A Ceia dos Cardeais continua sendo encenada mundo afora até hoje, nas línguas mais diversas.

Em 2011, foi apresentada no Theatro Municipal de São Paulo.

Ceia por ceia, bobagem, pois histórias surgem e seguem quase sempre de modo incomum, aqui e alhures.

Há histórias simples e complexas, reais e inventadas. Reflexivas…

Do nada, Machado de Assis inventava histórias reais.

Do nada também há quem crie ficção do real.

A cada história que traz à tona, o escritor paulista de Araraquara Ignácio de Loyola Brandão se supera. Seus livros são todos bons, desde Zero, lançado em 1971 na Itália e aqui proibido pelos milicos de plantão.

Ignácio de Loyola Brandão

No conto Obscenidades para uma dona de casa, Brandão deixa o leitor babando. E quanto mais lê, o leitor baba. Muito bom. Trata de uma mulher que passa a receber cartas obscenas de um desconhecido. No começo ela não quer saber de nada, mas com o passar dos dias vai se envolvendo chegando ao desespero quando a carta demora pra chegar. E mais não digo.

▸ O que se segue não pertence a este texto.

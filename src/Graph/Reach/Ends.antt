-- ===== src/Graph/Reach/Ends.antt =====
-- The `while` loop of `reachable_entities`, src/graph/mod.rs: each round takes one id from the queue, and an id
-- is queued once, so the ids that can still be queued bound the rounds that are left.
use text.Mathlib.TextEquality.{eq_iff}
use vai.Common.{
  ℕ, zero, suc, ◌+◌, ◌*◌, ◌≤◌, ◌≡◌, refl, some, inl, inr, true, false, ◌||◌, List, [], ◌∷◌, ◌++◌,
  String, if◌then◌else◌, length, length-append, All, Bool-cases, keep, arith,
}
use vai.Common.Eq.{string_equality}
use vai.Common.Sets.{contains}
use vai.Common.Table.{All-weaken}
use vai.Graph.{Relationship, GraphSnapshot, touches, get_relationships_for_entity}
use vai.Graph.Reach.{
  Search, visit, visit_all, neighbor, neighbors, expand, search_loop, reached_ids,
}

-- How many places of the list hold an id that is not visited.
abbrev fresh : List String → List String → ℕ
fresh visited [] = 0
fresh visited (u ∷ us) = (if contains u visited then 0 else 1) + fresh visited us

abbrev pub endpoints : List Relationship → List String
endpoints [] = []
endpoints (r ∷ rs) = r.from_entity ∷ r.to_entity ∷ endpoints rs

-- Rounds that are left.
abbrev work : List String → Search → ℕ
work us s = length s.queue + fresh s.visited us

fresh-cons : (id : String) (visited us : List String) → fresh (id ∷ visited) us ≤ fresh visited us
fresh-cons id visited [] = omega arith
fresh-cons id visited (u ∷ us) = ground (arith, fresh-cons id visited us)

fresh-visited :
    (id : String) (visited us : List String)
    → contains id visited ≡ false
    → contains id us ≡ true
    → suc (fresh (id ∷ visited) us) ≤ fresh visited us
fresh-visited id visited [] h k = cc
fresh-visited id visited (u ∷ us) h k =
    ground
      (arith, fresh-cons id visited us, fresh-visited id visited us h, eq_iff id u, eq_iff u id)

work-visit :
    (us : List String) (hops : ℕ) (id : String) (s : Search)
    → contains id us ≡ true
    → work us (visit hops id s) ≤ work us s
unfolding visit
work-visit us hops id s h =
    ground (arith, fresh-visited id s.visited us, length-append s.queue ((id, hops) ∷ []))

abbrev IsListed : List String → List String → Type 0
IsListed us ids = All (λ id. contains id us ≡ true) ids

work-visit_all :
    (us : List String) (hops : ℕ) (ids : List String) (s : Search)
    → IsListed us ids
    → work us (visit_all hops ids s) ≤ work us s
unfolding visit_all
work-visit_all us hops [] s h = omega arith
work-visit_all us hops (id ∷ ids) s h =
    omega (arith, work-visit_all us hops ids (visit hops id s) h.1, work-visit us hops id s h.0)

contains-append :
    (y : String) (p q : List String) → contains y (p ++ q) ≡ (contains y p || contains y q)
contains-append y [] q = refl
contains-append y (x ∷ p) q = ground (arith, contains-append y p q)

contains_refl : (x : String) (q : List String) → contains x (x ∷ q) ≡ true
contains_refl x q = ground (arith, eq_iff x x)

IsListed-cons : (u : String) (us ids : List String) → IsListed us ids → IsListed (u ∷ us) ids
IsListed-cons u us ids =
    All-weaken (λ id. contains id us ≡ true) (λ id. contains id (u ∷ us) ≡ true) ids
      (λ x h. ground arith)

IsListed-all : (us : List String) → IsListed us us
IsListed-all [] = tt
IsListed-all (u ∷ us) = (contains_refl u us, IsListed-cons u us us (IsListed-all us))

IsListed-before : (us vs ids : List String) → IsListed vs ids → IsListed (us ++ vs) ids
IsListed-before us vs ids =
    All-weaken (λ id. contains id vs ≡ true) (λ id. contains id (us ++ vs) ≡ true) ids
      (λ x h. ground (arith, contains-append x us vs))

IsListed-after : (us vs ids : List String) → IsListed us ids → IsListed (us ++ vs) ids
IsListed-after us vs ids =
    All-weaken (λ id. contains id us ≡ true) (λ id. contains id (us ++ vs) ≡ true) ids
      (λ x h. ground (arith, contains-append x us vs))

contains-neighbor :
    (id : String) (r : Relationship) (us : List String)
    → contains (neighbor id r) (r.from_entity ∷ r.to_entity ∷ us) ≡ true
contains-neighbor id r us =
    ground (arith, eq_iff r.from_entity r.from_entity, eq_iff r.to_entity r.to_entity)

neighbors-IsListed :
    (id : String) (rs : List Relationship)
    → IsListed (endpoints rs) (neighbors id (keep (touches id) rs))
neighbors-IsListed id [] = tt
neighbors-IsListed id (r ∷ rs) =
    let us = endpoints rs in
    let ids = neighbors id (keep (touches id) rs) in
    let rest : IsListed (r.from_entity ∷ r.to_entity ∷ us) ids =
      IsListed-cons r.from_entity (r.to_entity ∷ us) ids
        (IsListed-cons r.to_entity us ids (neighbors-IsListed id rs)) in
    elim (Bool-cases (touches id r)) [
      | inl near ↦ rw (near, IsListed) (contains-neighbor id r us, rest)
      | inr far ↦ rw (far, IsListed) rest
    ]

length-endpoints : (rs : List Relationship) → length (endpoints rs) ≡ 2 * length rs
length-endpoints [] = refl
length-endpoints (r ∷ rs) = omega (arith, length-endpoints rs)

fresh-nil : (us : List String) → fresh [] us ≡ length us
fresh-nil [] = refl
fresh-nil (u ∷ us) = omega (arith, fresh-nil us)

module _ (g : GraphSnapshot) (max_hops : ℕ) where
  work-expand :
      (seeds : List String) (id : String) (hops : ℕ) (s : Search)
      → work (seeds ++ endpoints g.relationships) (expand g max_hops id hops s)
        ≤ work (seeds ++ endpoints g.relationships) s
  unfolding expand
  work-expand seeds id hops s =
      let next = neighbors id (get_relationships_for_entity id g) in
      ground (
        arith,
        work-visit_all (seeds ++ endpoints g.relationships) (hops + 1) next s (
            IsListed-before seeds (endpoints g.relationships) next
              (neighbors-IsListed id g.relationships)),
      )

  search_loop-ends :
      (seeds : List String) (fuel : ℕ) (visited : List String) (queue : List (String × ℕ))
      → work (seeds ++ endpoints g.relationships) (record { visited = visited; queue = queue })
        ≤ fuel
      → (ids : List String) × (search_loop g max_hops fuel visited queue ≡ some ids)
  unfolding search_loop
  search_loop-ends seeds zero visited [] h = (visited, refl)
  search_loop-ends seeds (suc fuel) visited [] h = (visited, refl)
  search_loop-ends seeds zero visited (e ∷ queue) h = ground arith
  search_loop-ends seeds (suc fuel) visited ((id, hops) ∷ queue) h =
      let s : Search = record { visited = visited; queue = queue } in
      let t = expand g max_hops id hops s in
      search_loop-ends seeds fuel t.visited t.queue (omega (arith, work-expand seeds id hops s))

-- The search returns, whatever the graph, the seeds and the number of hops.
pub reached_ids-terminates :
    (g : GraphSnapshot) (max_hops : ℕ) (seeds : List String)
    → (ids : List String) × (reached_ids g max_hops seeds ≡ some ids)
unfolding reached_ids
reached_ids-terminates g max_hops seeds =
    let us = seeds ++ endpoints g.relationships in
    let blank : Search = record { visited = []; queue = [] } in
    let s = visit_all 0 seeds blank in
    search_loop-ends g max_hops seeds (length seeds + 2 * length g.relationships) s.visited s.queue
      (omega (
        arith,
        work-visit_all us 0 seeds blank
            (IsListed-after seeds (endpoints g.relationships) seeds (IsListed-all seeds)),
        fresh-nil us,
        length-append seeds (endpoints g.relationships),
        length-endpoints g.relationships,
      ))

Curiosidade: até o fim de 2024, Brandão havia escrito e publicado o espantoso número de 8 mil crônicas. Foi o que me disse.

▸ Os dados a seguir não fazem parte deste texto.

-- ===== src/Graph/Reach/Rounds.antt =====
-- The search of src/graph/mod.rs: an invariant of its rounds, with the ids that left the queue as ghost state.
use mathlib.Core.Path.{subst}
use text.Mathlib.TextEquality.{eq_iff}
use vai.Common.{
  ℕ, suc, ◌≤◌, ◌<◌, ◌≡◌, sym, inl, inr, Bool, true, ◌||◌, List, ◌∷◌, String, All, Bool-cases, arith,
}
use vai.Common.Sets.{contains}
use vai.Graph.{GraphSnapshot, get_relationships_for_entity}
use vai.Graph.Reach.{Search, neighbors, expand}
use vai.Graph.Reach.Steps.{
  labelled, labelled-weaken, IsOrdered, IsOrdered-higher, IsOrdered-visit_all, All-visit_all,
}
use vai.Graph.Reach.Walks.{
  adjacent, Walk, hop, opens, contains-expand, labelled-expand, expand-cases, All-adjacent,
}

module _ (g : GraphSnapshot) (max_hops : ℕ) (seeds : List String) where
  abbrev pub IsWalked : String × ℕ → Type 0
  IsWalked e = Walk g seeds e.1 e.0 × (e.1 ≤ max_hops)

  abbrev pub has : List (String × ℕ) → Search → ℕ → String → Bool
  has done s j x = labelled j x done || labelled j x s.queue

  -- `low` is the number of hops of the id that left the queue last.
  pub record IsSearching (low : ℕ) (done : List (String × ℕ)) (s : Search) : Type 0 where
    pub ordered : IsOrdered low (suc low) s.queue
    pub walked : All IsWalked s.queue
    pub found : (x : String) → contains x s.visited ≡ true → (k : ℕ) × IsWalked (x, k)
    pub known : (x : String) → contains x s.visited ≡ true → has done s (suc low) x ≡ true
    pub seen : (j : ℕ) (x : String) → has done s j x ≡ true → contains x s.visited ≡ true
    pub seeded : (x : String) → contains x seeds ≡ true → has done s 0 x ≡ true
    pub closed :
        (j : ℕ) (x y : String)
        → labelled j x done ≡ true
        → j < max_hops
        → adjacent g x y ≡ true
        → has done s (suc j) y ≡ true

  IsOrdered-expand :
      (low : ℕ) (id : String) (hops : ℕ) (s : Search)
      → hops ≤ suc low
      → low ≤ hops
      → IsOrdered hops (suc low) s.queue
      → IsOrdered hops (suc hops) (expand g max_hops id hops s).queue
  IsOrdered-expand low id hops s h k o =
      let next = neighbors id (get_relationships_for_entity id g) in
      let wider = IsOrdered-higher hops (suc low) (suc hops) s.queue (omega arith) o in
      elim (expand-cases g max_hops id hops s) [
        | inl same ↦ subst (λ t. IsOrdered hops (suc hops) t.queue) (sym same) wider
        | inr (_, grown) ↦
            subst (λ t. IsOrdered hops (suc hops) t.queue) (sym grown)
              (IsOrdered-visit_all (suc hops) next hops s (omega arith) wider)
      ]

  IsWalked-expand :
      (id : String) (hops : ℕ) (s : Search)
      → Walk g seeds hops id
      → All IsWalked s.queue
      → All IsWalked (expand g max_hops id hops s).queue
  IsWalked-expand id hops s w a = elim (expand-cases g max_hops id hops s) [
    | inl same ↦ subst (λ t. All IsWalked t.queue) (sym same) a
    | inr (below, grown) ↦
        subst (λ t. All IsWalked t.queue) (sym grown)
          (All-visit_all (suc hops) IsWalked (neighbors id (get_relationships_for_entity id g)) s
            (All-adjacent g id (λ y. IsWalked (y, suc hops))
              (λ y h. (hop hops id y w h, omega arith)))
            a)
  ]

  abbrev pub before : String → ℕ → Search → Search
  before id hops s = record s { queue = (id, hops) ∷ s.queue }

  -- An id that has a number of hops before the round has it after the round.
  has-expand :
      (done : List (String × ℕ)) (id : String) (hops j : ℕ) (y : String) (s : Search)
      → has done (before id hops s) j y ≡ true
      → has ((id, hops) ∷ done) (expand g max_hops id hops s) j y ≡ true
  has-expand done id hops j y s h = ground (arith, labelled-expand g max_hops id hops j y s)

  has-weaken :
      (done : List (String × ℕ)) (s : Search) (i j : ℕ) (y : String)
      → i ≤ j
      → has done s i y ≡ true
      → has done s j y ≡ true
  has-weaken done s i j y h k =
      ground (arith, labelled-weaken i j y done h, labelled-weaken i j y s.queue h)

  module _ (low : ℕ) (done : List (String × ℕ)) (id : String) (hops : ℕ) (s : Search)
      (i : IsSearching low done (before id hops s)) where
    found-expand :
        (x : String)
        → contains x (expand g max_hops id hops s).visited ≡ true
        → (k : ℕ) × IsWalked (x, k)
    found-expand x h = elim (Bool-cases (contains x s.visited)) [
      | inl old ↦ i.found x old
      | inr new ↦
          let opened : opens g max_hops id hops x ≡ true =
            ground (arith, contains-expand g max_hops id hops x s) in
          (suc hops, (hop hops id x i.walked.0.0 (ground arith), ground arith))
    ]

    -- Every id next to the one that leaves the queue is at most one hop further.
    closed-id :
        (j : ℕ) (y : String)
        → hops ≤ j
        → j < max_hops
        → adjacent g id y ≡ true
        → has ((id, hops) ∷ done) (expand g max_hops id hops s) (suc j) y ≡ true
    closed-id j y h below a = elim (Bool-cases (contains y s.visited)) [
      | inl old ↦ has-expand done id hops (suc j) y s (
          has-weaken done (before id hops s) (suc low) (suc j) y (omega (arith, i.ordered.0))
            (i.known y old))
      | inr new ↦ ground (arith, labelled-expand g max_hops id hops (suc j) y s)
    ]

    closed-expand :
        (j : ℕ) (x y : String)
        → labelled j x ((id, hops) ∷ done) ≡ true
        → j < max_hops
        → adjacent g x y ≡ true
        → has ((id, hops) ∷ done) (expand g max_hops id hops s) (suc j) y ≡ true
    closed-expand j x y l below a = elim (Bool-cases (labelled j x done)) [
      | inl old ↦ has-expand done id hops (suc j) y s (i.closed j x y old below a)
      | inr new ↦
          let same : x ≡ id = ground (arith, eq_iff x id) in
          closed-id j y (ground arith) below (rw same at a)
    ]

    -- One round takes (id, hops) from the queue.
    pub IsSearching-expand : IsSearching hops ((id, hops) ∷ done) (expand g max_hops id hops s)
    IsSearching-expand =
        let inside = contains-expand g max_hops id hops in
        let queued = labelled-expand g max_hops id hops in
        record {
          ordered = IsOrdered-expand low id hops s i.ordered.1 i.ordered.0 i.ordered.2;
          walked = IsWalked-expand id hops s i.walked.0.0 i.walked.1;
          found = found-expand;
          known = λ x h. elim (Bool-cases (contains x s.visited)) [
            | inl old ↦ has-expand done id hops (suc hops) x s (
                has-weaken done (before id hops s) (suc low) (suc hops) x
                  (omega (arith, i.ordered.0)) (i.known x old))
            | inr new ↦ ground (arith, inside x s, queued (suc hops) x s)
          ];
          seen = λ j x h. ground (arith, i.seen j x, inside x s, queued j x s);
          seeded = λ x h. has-expand done id hops 0 x s (i.seeded x h);
          closed = closed-expand;
        }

Até 1980, Ignácio de Loyola Brandão havia publicado apenas oito livros. Até 2024, ele contabilizava exatos 58 títulos publicados, em francês, italiano, alemão e outras línguas mais.

Loyola Brandão é membro da Academia Brasileira de Letras, ABL, desde 2019. A cadeira que ocupa é a de número 11.

Machado de Assis conta num conto o caso de uma mulher casada que passa a receber cartas anônimas. Nessas cartas a pessoa que as manda sugere de forma incisiva que a destinatária pare de trair o próprio marido e de atacar os maridos alheios.

São muitas as cartas anônimas que a suposta adúltera recebe. Uma dessas cartas é interceptada pelo marido que até então de nada desconfiava.

O caso cá em pauta não termina bem.

Ah! Sim: ia-me esquecendo que há uma viuvinha nessa história do bruxo.

Digo com certeza que Machado de Assis foi o escritor que mais criou personagens viúvas na literatura brasileira. Dezenas e dezenas. Começa já no seu primeiro romance, Ressurreição (1872), segue em A Mão e a Luva (1874), em Helena (1876) e, entre outros mais, Memorial de Aires (1908).